German word of the day: Sommerlich

Dazzling blue skies and sweltering temperatures mean summer has arrived in Germany, and if you're looking for a word to describe how that feels, this is the perfect one to choose.

German word of the day: Sommerlich

Why do I need to know sommerlich?

Because this joyful word is not just easy to remember, but is also great for describing those days in Germany when the sun is shining and everyone seems to be in a relaxed and happy mood – as well as many other aspects of summer.

What does it mean?

As you might have guessed, sommerlich (pronounced like this) is an adjective that’s very close to the English word “summery” or “summer-like”. It describes anything that is typical of this time of year, whether you’re talking about the weather, what you’re drinking or the look you’ve gone for on a particular day.

For example, if you head out to the countryside for a short summer break, you might find yourself in the midst of a sommerliche Landschaft: a summery landscape with forests and fields with wild flowers in full bloom. 

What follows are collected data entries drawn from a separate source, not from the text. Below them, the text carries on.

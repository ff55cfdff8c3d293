-- ===== src/Service/Apply/Run.antt =====
-- `Apply` of internal/edit/apply.go with `applyOne` and its loop.
use arno.Base.{
  ℕ, ◌+◌, Bool, List, [], ◌∷◌, ◌++◌, Option, none, some, Text, codes, leb, length, is_empty,
  if◌then◌else◌,
}
use arno.Disk.{Disk}
use arno.Edits.Index.{
  Answer, ok, err, IndexError, unknown_op, insert_source, replace_text_source, replace_range_source,
}
use arno.Edits.Symbols.{Symbol, symbols_by_name, replace_symbol_source, delete_symbol_source}
use arno.Service.{StaleRevision, check_revision, line_delta, count_lines, Snippet}
use arno.Service.Apply.{
  EditOp, ApplyRequest, ApplyEnd, applied_all, no_edits, stale_revision, refused_edit, no_snapshot,
  rolled_back, Fault, is_op, preflight, Snapshots, Saving, saved, not_saved, snapshot_files,
  restore_files, delta_answer, id_of_named, with_id, Progress, progressed, LoopEnd, all_made,
  stopped, max_snippets,
}
use arno.Service.Operations.{Formatter, format_files, snippets}
use arno.Workspace.{Manager, bump_revision, sorted}
use arno.Workspace.Checkpoints.{before_write}

abbrev pub no_progress : Progress
no_progress = record { applied = 0; added = 0; removed = 0; touched = []; written = [] }

module _ (resolves : Text → Bool) (symbols_of : Text → Text → List Symbol) where
  unfoldable pub resolve_symbol : EditOp → Disk Manager → Answer Text × Disk Manager
  resolve_symbol o d =
      if is_empty o.symbol_id
      then id_of_named o.symbol_name
          (symbols_by_name before_write resolves symbols_of o.path o.symbol_name d)
      else (ok o.symbol_id, d)

  unfoldable pub apply_one : EditOp → Disk Manager → Answer (ℕ × ℕ) × Disk Manager
  apply_one o d =
      if is_op o (codes "replace_text")
      then delta_answer (λ lines. line_delta o.old_text o.new_text)
          (replace_text_source before_write resolves o.path o.old_text o.new_text d)
      else if is_op o (codes "replace_range")
      then delta_answer (λ old_lines. (count_lines o.new_text, length old_lines))
          (replace_range_source before_write resolves o.path o.start_line o.end_line o.new_text d)
      else if is_op o (codes "replace_symbol")
      then with_id (resolve_symbol o d) (λ id d.
        delta_answer (λ (s, old_lines). (count_lines o.new_text, length old_lines))
          (replace_symbol_source before_write resolves symbols_of id o.new_text d))
      else if is_op o (codes "delete_symbol")
      then with_id (resolve_symbol o d) (λ id d.
        delta_answer (λ (s, removed). (0, length removed))
          (delete_symbol_source before_write resolves symbols_of o.path id d))
      else if is_op o (codes "insert")
      then delta_answer (λ added. (added, 0))
          (insert_source before_write resolves o.path o.anchor o.position o.new_text d)
      else (err (unknown_op o.op), d)

  abbrev pub after_one :
      ℕ
      → EditOp
      → Progress
      → (Progress → Disk Manager → LoopEnd × Disk Manager)
      → Answer (ℕ × ℕ) × Disk Manager
      → LoopEnd × Disk Manager
  after_one index o progress next (err e, d) = (stopped index e, d)
  after_one index o progress next (ok lines, d) = next (progressed o lines progress) d

  unfoldable pub apply_loop : ℕ → Progress → List EditOp → Disk Manager → LoopEnd × Disk Manager
  apply_loop index progress [] d = (all_made progress, d)
  apply_loop index progress (o ∷ edits) d =
      after_one (index + 1) o progress (λ progress d. apply_loop (index + 1) progress edits d)
        (apply_one o d)

  -- `if len(response.Snippets) >= maxSnippets { break }`
  unfoldable pub show_written :
      List Snippet → List EditOp → Disk Manager → List Snippet × Disk Manager
  show_written shown [] d = (shown, d)
  show_written shown (o ∷ written) d =
      let (more, d') = snippets resolves o.path o.new_text d in
      let rest = show_written (shown ++ more) written d' in
      if leb max_snippets (length shown) then (shown, d) else rest

  module _ (formatter_for : Text → Option Formatter) where
    unfoldable pub conclude : Bool → Progress → Disk Manager → ApplyEnd × Disk Manager
    conclude format progress d =
        let changed = sorted progress.touched in
        let (formatted, d1) = format_files formatter_for (if format then changed else []) d in
        let ((old_revision, new_revision), m) = bump_revision changed d1.observer in
        let (shown, d2) = show_written [] progress.written (record d1 { observer = m }) in
        (
          applied_all (record {
            old_revision = old_revision;
            new_revision = new_revision;
            applied = progress.applied;
            changed = changed;
            added_lines = progress.added;
            removed_lines = progress.removed;
            formatted = formatted;
            snippets = shown;
          }),
          d2,
        )

    abbrev pub roll_back : ℕ → IndexError → List Text × Disk Manager → ApplyEnd × Disk Manager
    roll_back index e (lost, d) = (rolled_back index e lost, d)

    abbrev pub after_loop : Bool → Snapshots → LoopEnd × Disk Manager → ApplyEnd × Disk Manager
    after_loop format snapshots (all_made progress, d) = conclude format progress d
    after_loop format snapshots (stopped index e, d) = roll_back index e (restore_files snapshots d)

    abbrev pub after_snapshots : ApplyRequest → Saving × Disk Manager → ApplyEnd × Disk Manager
    after_snapshots req (not_saved path, d) = (no_snapshot path, d)
    after_snapshots req (saved snapshots, d) =
        after_loop req.format snapshots (apply_loop 0 no_progress req.edits d)

    abbrev pub after_preflight :
        ApplyRequest → Option (ℕ × Fault) × Disk Manager → ApplyEnd × Disk Manager
    after_preflight req (some (index, fault), d) = (refused_edit index fault, d)
    after_preflight req (none, d) = after_snapshots req (snapshot_files [] req.edits d)

    abbrev pub after_check :
        ApplyRequest → Option StaleRevision → Disk Manager → ApplyEnd × Disk Manager
    after_check req (some e) d = (stale_revision e, d)
    after_check req none d = after_preflight req (preflight resolves 0 [] req.edits d)

    unfoldable pub apply : ApplyRequest → Disk Manager → ApplyEnd × Disk Manager
    apply req d =
        if is_empty req.edits
        then (no_edits, d)
        else after_check req (check_revision req.expected_revision d.observer) d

Or you could be taken by surprise by a sudden heat wave and express regret that you haven’t had a chance to restock your sommerliche Klamotten, or summery clothes. 

READ ALSO: 10 words to help you enjoy the German summer

Mostly, though, you’ll find this word used to talk about those classic summer days with balmy weather and sunny skies, or weather conditions that feel like summer – even if it’s the wrong time of year. 

If you want to say something is more summery than something else, sommerlicher is the word you’ll need, and if something is the most summery of all, it’s am sommerlichsten

Use it like this: 

Bei diesen Temperaturen will ich immer ein erfrischender und sommerlicher Getränke in der Hand haben. 

In these temperatures I always want a refreshing and summery drink in my hand.

Ich liebe diese entspannte sommerliche Tage! Es ist wie im Urlaub zu sein. 

I love these relaxed summer days! It’s like being on holiday.